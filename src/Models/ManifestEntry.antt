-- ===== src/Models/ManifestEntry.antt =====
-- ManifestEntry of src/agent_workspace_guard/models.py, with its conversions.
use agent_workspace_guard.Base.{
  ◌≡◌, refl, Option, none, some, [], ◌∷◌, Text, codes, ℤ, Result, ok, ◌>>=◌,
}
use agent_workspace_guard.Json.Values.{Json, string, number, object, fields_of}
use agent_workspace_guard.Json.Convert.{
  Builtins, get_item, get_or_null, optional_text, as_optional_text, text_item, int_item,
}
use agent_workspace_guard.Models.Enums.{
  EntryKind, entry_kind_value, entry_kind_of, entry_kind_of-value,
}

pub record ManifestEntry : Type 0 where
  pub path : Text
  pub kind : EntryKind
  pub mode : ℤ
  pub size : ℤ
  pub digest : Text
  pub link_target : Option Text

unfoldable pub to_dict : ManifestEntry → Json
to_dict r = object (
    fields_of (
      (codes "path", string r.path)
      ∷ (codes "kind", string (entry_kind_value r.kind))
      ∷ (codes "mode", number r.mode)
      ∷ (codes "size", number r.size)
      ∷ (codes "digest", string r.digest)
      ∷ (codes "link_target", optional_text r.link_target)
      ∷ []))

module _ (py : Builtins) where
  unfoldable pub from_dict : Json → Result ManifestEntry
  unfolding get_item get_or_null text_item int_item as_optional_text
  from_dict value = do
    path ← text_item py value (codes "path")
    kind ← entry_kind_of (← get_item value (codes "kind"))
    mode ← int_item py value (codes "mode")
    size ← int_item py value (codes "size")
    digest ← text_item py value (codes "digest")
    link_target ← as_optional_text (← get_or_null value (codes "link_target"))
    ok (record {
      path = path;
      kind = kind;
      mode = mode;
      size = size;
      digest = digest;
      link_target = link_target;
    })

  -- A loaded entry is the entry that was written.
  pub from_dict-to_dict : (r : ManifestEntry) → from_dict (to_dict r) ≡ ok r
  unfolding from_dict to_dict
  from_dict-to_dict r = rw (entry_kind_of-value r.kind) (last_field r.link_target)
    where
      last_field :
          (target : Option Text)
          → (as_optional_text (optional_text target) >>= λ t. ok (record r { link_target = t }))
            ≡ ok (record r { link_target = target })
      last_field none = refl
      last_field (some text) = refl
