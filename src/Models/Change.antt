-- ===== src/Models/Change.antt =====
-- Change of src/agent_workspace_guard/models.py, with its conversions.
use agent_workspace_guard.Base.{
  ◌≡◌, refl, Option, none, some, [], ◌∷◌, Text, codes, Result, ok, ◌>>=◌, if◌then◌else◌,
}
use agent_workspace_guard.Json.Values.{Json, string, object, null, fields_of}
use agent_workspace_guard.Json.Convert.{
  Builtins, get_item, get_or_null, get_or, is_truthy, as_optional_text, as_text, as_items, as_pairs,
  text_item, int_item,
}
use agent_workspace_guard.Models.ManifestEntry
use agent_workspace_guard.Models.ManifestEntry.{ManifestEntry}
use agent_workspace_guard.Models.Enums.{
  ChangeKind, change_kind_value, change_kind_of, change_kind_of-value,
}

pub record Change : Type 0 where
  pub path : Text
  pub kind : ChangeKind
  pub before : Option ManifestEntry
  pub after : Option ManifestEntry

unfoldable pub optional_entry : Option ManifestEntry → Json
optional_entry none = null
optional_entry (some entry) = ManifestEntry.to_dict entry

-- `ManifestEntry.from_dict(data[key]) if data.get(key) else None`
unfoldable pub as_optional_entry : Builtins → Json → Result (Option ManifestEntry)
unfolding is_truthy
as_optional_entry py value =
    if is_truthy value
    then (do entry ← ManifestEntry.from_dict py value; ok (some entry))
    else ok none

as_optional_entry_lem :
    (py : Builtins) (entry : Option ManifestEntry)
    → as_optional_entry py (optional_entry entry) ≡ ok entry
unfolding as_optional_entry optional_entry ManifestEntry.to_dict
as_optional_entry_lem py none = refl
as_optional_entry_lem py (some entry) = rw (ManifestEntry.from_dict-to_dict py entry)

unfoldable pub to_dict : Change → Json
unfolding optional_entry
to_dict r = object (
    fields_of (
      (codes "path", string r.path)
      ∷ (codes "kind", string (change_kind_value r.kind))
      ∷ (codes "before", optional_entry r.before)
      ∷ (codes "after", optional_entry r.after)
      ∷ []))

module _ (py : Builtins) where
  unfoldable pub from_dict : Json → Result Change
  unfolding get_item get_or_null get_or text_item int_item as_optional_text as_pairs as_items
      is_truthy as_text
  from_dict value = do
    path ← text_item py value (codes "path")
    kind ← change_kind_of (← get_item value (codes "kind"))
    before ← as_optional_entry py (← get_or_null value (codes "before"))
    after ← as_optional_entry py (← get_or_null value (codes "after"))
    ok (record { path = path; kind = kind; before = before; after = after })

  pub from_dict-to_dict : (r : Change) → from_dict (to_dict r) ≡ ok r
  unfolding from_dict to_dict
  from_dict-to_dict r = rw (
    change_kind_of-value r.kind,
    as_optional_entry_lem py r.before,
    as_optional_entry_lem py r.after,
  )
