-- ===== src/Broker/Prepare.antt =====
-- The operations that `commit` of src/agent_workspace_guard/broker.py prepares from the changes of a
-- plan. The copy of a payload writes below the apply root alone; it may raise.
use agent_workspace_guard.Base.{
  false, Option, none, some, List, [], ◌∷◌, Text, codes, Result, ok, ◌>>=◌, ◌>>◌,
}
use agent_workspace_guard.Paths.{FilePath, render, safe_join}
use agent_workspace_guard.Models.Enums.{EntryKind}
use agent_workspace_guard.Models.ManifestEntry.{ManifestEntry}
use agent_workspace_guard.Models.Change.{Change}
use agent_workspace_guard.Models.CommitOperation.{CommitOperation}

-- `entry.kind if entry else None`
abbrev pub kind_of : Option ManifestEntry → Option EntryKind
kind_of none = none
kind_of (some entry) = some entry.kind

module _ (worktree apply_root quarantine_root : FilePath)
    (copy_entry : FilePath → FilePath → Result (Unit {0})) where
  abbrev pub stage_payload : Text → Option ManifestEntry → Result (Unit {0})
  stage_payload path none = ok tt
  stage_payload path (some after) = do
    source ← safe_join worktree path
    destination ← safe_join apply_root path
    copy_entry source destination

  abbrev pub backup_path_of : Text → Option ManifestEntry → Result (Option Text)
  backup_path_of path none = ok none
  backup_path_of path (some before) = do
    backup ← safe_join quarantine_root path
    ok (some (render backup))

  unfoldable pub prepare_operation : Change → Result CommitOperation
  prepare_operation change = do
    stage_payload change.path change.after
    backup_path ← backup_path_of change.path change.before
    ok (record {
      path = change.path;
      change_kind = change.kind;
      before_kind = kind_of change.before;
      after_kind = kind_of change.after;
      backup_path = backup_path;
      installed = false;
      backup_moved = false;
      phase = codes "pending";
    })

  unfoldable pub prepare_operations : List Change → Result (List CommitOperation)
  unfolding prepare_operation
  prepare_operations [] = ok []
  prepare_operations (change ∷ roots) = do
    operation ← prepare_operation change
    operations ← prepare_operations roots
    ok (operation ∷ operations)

· · · ·

(Exercise directions)
The lines above starting at the one that contains "phase = codes" and ending at the one that contains "operations ← prepare_operations roots" must be transcribed exactly, and no other lines may appear.

(Response area)
      phase = codes "pending";
    })

  unfoldable pub prepare_operations : List Change → Result (List CommitOperation)
  unfolding prepare_operation
  prepare_operations [] = ok []
  prepare_operations (change ∷ roots) = do
    operation ← prepare_operation change
    operations ← prepare_operations roots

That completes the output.